We make a list of all the planets a,b,c,... and their distances A,B,C,... in rows in this order as follows. 

1. Planet a, closest neighbour, planet b, distance A. We call this planet the 'Prime' for the entry.

2. Next closest neighbour of a is c, distance B. (B>A)

3. Next closest neighbour of b is d, Distance C. (C<B)

This arrangement must always be possible, since all the distances are different. It must also be unique for any Prime.

Since all the distances are different, there must be a pair (the closest pair of all) that observe each other. And indeed that will be true whenever the distance in row 1 is less that the distances in rows 2 and 3. We can eliminate all such pairs and their corresponding planets, since they can't be observing anything else but each other.
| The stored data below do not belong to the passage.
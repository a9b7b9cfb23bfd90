-- ===== src/Engine/Call/Outcome.antt =====
-- How a call ends, and that it ends once.
use xk6_sip.Common.{
  ℕ, ◌+◌, ◌≤◌, ◌≡◌, refl, ap, ◌∙◌, Bool, true, ◌||◌, Option, none, some, List, [], ◌∷◌, arith, ltb,
  leb, ◌==◌, if_both,
}
use xk6_sip.Common.Text.{Text, codes}
use xk6_sip.Engine.Call.{
  bye_with, session_expired, by_timeout, State, calling, ringing, connected, ended, rank, EndedBy,
  by_local, Call, Decision, mark_ringing, mark_connected, finish, decide, push_decision, accept,
  reject, rejection, request_cancel, bye, hangup, hangup_asks, hangup_wakes, is_ended, is_connected,
  is_outgoing, bye_ends_by,
}
use xk6_sip.Engine.Call.Invariant.{
  expires, hangs_up_for, Operation, rings, connects, finishes, accepts, rejects, cancels, hangs_up,
  wakes, operate, run, IsValid,
}

-- What stays of a call that has ended.
pub record Settled (c c' : Call) : Type 0 where
  pub state : c'.state ≡ c.state
  pub status : c'.status ≡ c.status
  pub reason : c'.reason ≡ c.reason
  pub answer : c'.t_answer ≡ c.t_answer
  pub end : c'.t_end ≡ c.t_end
  pub done : c'.done_closes ≡ c.done_closes
  pub events : c'.events ≡ c.events

same : (c : Call) → Settled c c
same c = record {
  state = refl;
  status = refl;
  reason = refl;
  answer = refl;
  end = refl;
  done = refl;
  events = refl;
}

request_cancel-Settled : (c : Call) (by : EndedBy) → Settled c (request_cancel c by)
unfolding request_cancel
request_cancel-Settled c by = if_both (Settled c) (ltb 0 c.cancel_closes) (same c) (record {
  state = refl;
  status = refl;
  reason = refl;
  answer = refl;
  end = refl;
  done = refl;
  events = refl;
})

push_decision-Settled :
    (c : Call) (o : Option Decision) (dec : Decision) → Settled c (push_decision c o dec).0
unfolding push_decision
push_decision-Settled c none dec = record {
  state = refl;
  status = refl;
  reason = refl;
  answer = refl;
  end = refl;
  done = refl;
  events = refl;
}
push_decision-Settled c (some d) dec = same c

decide-Settled : (c : Call) (dec : Decision) → Settled c (decide c dec).0
unfolding decide
decide-Settled c dec =
    if_both (λ (r : Call × Bool). Settled c r.0) (is_outgoing c.dir || leb 2 (rank c.state))
      (same c) (push_decision-Settled c c.decision dec)

finish-Settled :
    (c : Call) (by : EndedBy) (status : ℕ) (reason : Text) (now : ℕ)
    → is_ended c ≡ true
    → Settled c (finish c by status reason now)
unfolding finish
finish-Settled c by status reason now h = rw h (same c)

mark_ringing-Settled : (c : Call) (t : ℕ) → is_ended c ≡ true → Settled c (mark_ringing c t)
unfolding mark_ringing
mark_ringing-Settled c t h = ground arith

mark_connected-Settled : (c : Call) (t : ℕ) → is_ended c ≡ true → Settled c (mark_connected c t)
unfolding mark_connected
mark_connected-Settled c t h = ground arith

bye-Settled : (c : Call) (ok : Bool) (now : ℕ) → is_ended c ≡ true → Settled c (bye c ok now).0
unfolding bye
bye-Settled c ok now h =
    let w = bye_ends_by c.bye_by c.bye_reason in finish-Settled c w.0 0 w.1 now h

-- What `bye_with` notes before it hangs up.
abbrev noted : Call → EndedBy → Text → Call
noted c by reason = record c { bye_by = some by; bye_reason = reason }

noted-Settled : (c : Call) (by : EndedBy) (reason : Text) → Settled c (noted c by reason)
noted-Settled c by reason = record {
  state = refl;
  status = refl;
  reason = refl;
  answer = refl;
  end = refl;
  done = refl;
  events = refl;
}

chain : (c c' c'' : Call) → Settled c c' → Settled c' c'' → Settled c c''
chain c c' c'' p q = record {
  state = q.state ∙ p.state;
  status = q.status ∙ p.status;
  reason = q.reason ∙ p.reason;
  answer = q.answer ∙ p.answer;
  end = q.end ∙ p.end;
  done = q.done ∙ p.done;
  events = q.events ∙ p.events;
}

bye_with-Settled :
    (c : Call) (by : EndedBy) (reason : Text) (ok : Bool) (now : ℕ)
    → is_ended c ≡ true
    → Settled c (bye_with c by reason ok now)
unfolding bye_with
bye_with-Settled c by reason ok now h =
    chain c (noted c by reason) (bye (noted c by reason) ok now).0 (noted-Settled c by reason)
      (bye-Settled (noted c by reason) ok now h)

session_expired-Settled :
    (c : Call) (ok : Bool) (now : ℕ) → is_ended c ≡ true → Settled c (session_expired c ok now)
unfolding session_expired
session_expired-Settled c ok now h =
    if_both (Settled c) (is_connected c)
      (bye_with-Settled c by_timeout (codes "session expired") ok now h) (same c)

hangup-Settled :
    (c : Call) (ok : Bool) (now : ℕ) → is_ended c ≡ true → Settled c (hangup c ok now).0
unfolding hangup
hangup-Settled c ok now h = rw h (same c)

hangup_wakes-Settled :
    (c : Call) (ok : Bool) (now : ℕ) → is_ended c ≡ true → Settled c (hangup_wakes c ok now).0
unfolding hangup_wakes
hangup_wakes-Settled c ok now h =
    if_both (λ (r : Call × Bool). Settled c r.0) (ltb 0 c.done_closes) (same c)
      (if_both (λ (r : Call × Bool). Settled c r.0) (ltb 0 c.connected_closes)
        (bye-Settled c ok now h) (same c))

operate-Settled : (c : Call) (o : Operation) → is_ended c ≡ true → Settled c (operate c o)
unfolding operate accept reject
operate-Settled c (rings t) h = mark_ringing-Settled c t h
operate-Settled c (connects t) h = mark_connected-Settled c t h
operate-Settled c (finishes by status reason now) h = finish-Settled c by status reason now h
operate-Settled c accepts h = decide-Settled c (record { code = 200; reason = codes "OK" })
operate-Settled c (rejects code reason) h = decide-Settled c (rejection code reason)
operate-Settled c (cancels by) h = request_cancel-Settled c by
operate-Settled c (hangs_up ok now) h = hangup-Settled c ok now h
operate-Settled c (wakes ok now) h = hangup_wakes-Settled c ok now h
operate-Settled c (expires ok now) h = session_expired-Settled c ok now h
operate-Settled c (hangs_up_for by reason ok now) h = bye_with-Settled c by reason ok now h

-- A call ends once: whatever operations follow in whatever order, an ended call keeps its state,
-- its status, its reason, the times of its answer and end, and emits nothing more.
pub run-Settled : (c : Call) (os : List Operation) → is_ended c ≡ true → Settled c (run c os)
unfolding run
run-Settled c [] h = same c
run-Settled c (o ∷ os) h =
    let p = operate-Settled c o h in
    chain c (operate c o) (run (operate c o) os) p
      (run-Settled (operate c o) os (ap (λ s. rank s == 3) p.state ∙ h))

abbrev pub Forward : Call → Call → Type 0
Forward c c' = rank c.state ≤ rank c'.state

Settled-Forward : (c c' : Call) → Settled c c' → Forward c c'
Settled-Forward c c' p = omega (arith, ap rank p.state)

rank_bound : (s : State) → rank s ≤ 3
rank_bound calling = omega arith
rank_bound ringing = omega arith
rank_bound connected = omega arith
rank_bound ended = omega arith

mark_ringing-Forward : (c : Call) (t : ℕ) → Forward c (mark_ringing c t)
unfolding mark_ringing
mark_ringing-Forward c t = ground arith

mark_connected-Forward : (c : Call) (t : ℕ) → Forward c (mark_connected c t)
unfolding mark_connected
mark_connected-Forward c t = ground arith

pub finish-ends :
    (c : Call) (by : EndedBy) (status : ℕ) (reason : Text) (now : ℕ)
    → is_ended (finish c by status reason now) ≡ true
unfolding finish
finish-ends c by status reason now = ground arith

ends-Forward : (c c' : Call) → is_ended c' ≡ true → Forward c c'
ends-Forward c c' h = ground (arith, rank_bound c.state)

pub bye-ends : (c : Call) (ok : Bool) (now : ℕ) → is_ended (bye c ok now).0 ≡ true
unfolding bye
bye-ends c ok now = let w = bye_ends_by c.bye_by c.bye_reason in finish-ends c w.0 0 w.1 now

hangup_asks-Settled : (c : Call) → Settled c (hangup_asks c)
unfolding hangup_asks reject
hangup_asks-Settled c =
    if_both (Settled c) (is_outgoing c.dir) (request_cancel-Settled c by_local)
      (decide-Settled c (rejection 603 (codes "Decline")))

hangup-Forward : (c : Call) (ok : Bool) (now : ℕ) → Forward c (hangup c ok now).0
unfolding hangup
hangup-Forward c ok now =
    if_both (λ (r : Call × Option Bool). Forward c r.0) (is_ended c) (omega arith)
      (if_both (λ (r : Call × Option Bool). Forward c r.0) (is_connected c)
        (ends-Forward c (bye c ok now).0 (bye-ends c ok now))
        (Settled-Forward c (hangup_asks c) (hangup_asks-Settled c)))

hangup_wakes-Forward : (c : Call) (ok : Bool) (now : ℕ) → Forward c (hangup_wakes c ok now).0
unfolding hangup_wakes
hangup_wakes-Forward c ok now =
    if_both (λ (r : Call × Bool). Forward c r.0) (ltb 0 c.done_closes) (omega arith)
      (if_both (λ (r : Call × Bool). Forward c r.0) (ltb 0 c.connected_closes)
        (ends-Forward c (bye c ok now).0 (bye-ends c ok now)) (omega arith))

bye_with-ends :
    (c : Call) (by : EndedBy) (reason : Text) (ok : Bool) (now : ℕ)
    → is_ended (bye_with c by reason ok now) ≡ true
unfolding bye_with
bye_with-ends c by reason ok now = bye-ends (noted c by reason) ok now

session_expired-Forward : (c : Call) (ok : Bool) (now : ℕ) → Forward c (session_expired c ok now)
unfolding session_expired
session_expired-Forward c ok now =
    if_both (Forward c) (is_connected c)
      (ends-Forward c (bye_with c by_timeout (codes "session expired") ok now)
        (bye_with-ends c by_timeout (codes "session expired") ok now))
      (omega arith)

-- No operation takes a call back to an earlier state.
operate-Forward : (c : Call) (o : Operation) → Forward c (operate c o)
unfolding operate accept reject
operate-Forward c (rings t) = mark_ringing-Forward c t
operate-Forward c (connects t) = mark_connected-Forward c t
operate-Forward c (finishes by status reason now) =
    ends-Forward c (finish c by status reason now) (finish-ends c by status reason now)
operate-Forward c accepts =
    let dec : Decision = record { code = 200; reason = codes "OK" } in
    Settled-Forward c (decide c dec).0 (decide-Settled c dec)
operate-Forward c (rejects code reason) =
    Settled-Forward c (decide c (rejection code reason)).0
      (decide-Settled c (rejection code reason))
operate-Forward c (cancels by) =
    Settled-Forward c (request_cancel c by) (request_cancel-Settled c by)
operate-Forward c (hangs_up ok now) = hangup-Forward c ok now
operate-Forward c (wakes ok now) = hangup_wakes-Forward c ok now
operate-Forward c (expires ok now) = session_expired-Forward c ok now
operate-Forward c (hangs_up_for by reason ok now) =
    ends-Forward c (bye_with c by reason ok now) (bye_with-ends c by reason ok now)

-- Along every run a call only moves on: calling, ringing, connected, ended.
pub run-Forward : (c : Call) (os : List Operation) → Forward c (run c os)
unfolding run
run-Forward c [] = omega arith
run-Forward c (o ∷ os) = omega (arith, operate-Forward c o, run-Forward (operate c o) os)

answered_woke :
    (c : Call) → IsValid c → 2 ≤ rank c.state → leb 1 (c.done_closes + c.connected_closes) ≡ true
answered_woke c v h = ground arith

-- `Hangup` of a call that has been answered, or has ended, leaves it ended whatever its BYE comes
-- to, and so does a `Hangup` that waits when the call is answered or ends.
pub hangup-ends :
    (c : Call) (ok : Bool) (now : ℕ)
    → IsValid c
    → 2 ≤ rank c.state
    → (is_ended (hangup c ok now).0 ≡ true) × (is_ended (hangup_wakes c ok now).0 ≡ true)
unfolding hangup hangup_wakes
hangup-ends c ok now v h =
    (ground (arith, bye-ends c ok now), ground (arith, bye-ends c ok now, answered_woke c v h))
If all the  planets are now eliminated, then we are done - but in that case the number of planets must be even.

Let j be a Prime not eliminated by pairing, in the sequence i,j,k,l. j looks at k but k does not look at j because l is closer to k. Otherwise j and k would be a pair. So l is closer to k than j. And by parity of reasoning, i must be further from j than k.  Planet i must also be a planet not eliminated by pairing, because otherwise j would have no observer. The same must be true of all such entries.

We can now return to the list and find the Prime for which distance B is the largest. The Prime cannot be observed by the planet at distance B, because by definition some other planet must be closer to that planet. Therefore the Prime is unobserved.

So we have the rather cool result that if the planets are not in pairs, then at least one of them is always unobserved, irrespective of the parity of the number of planets.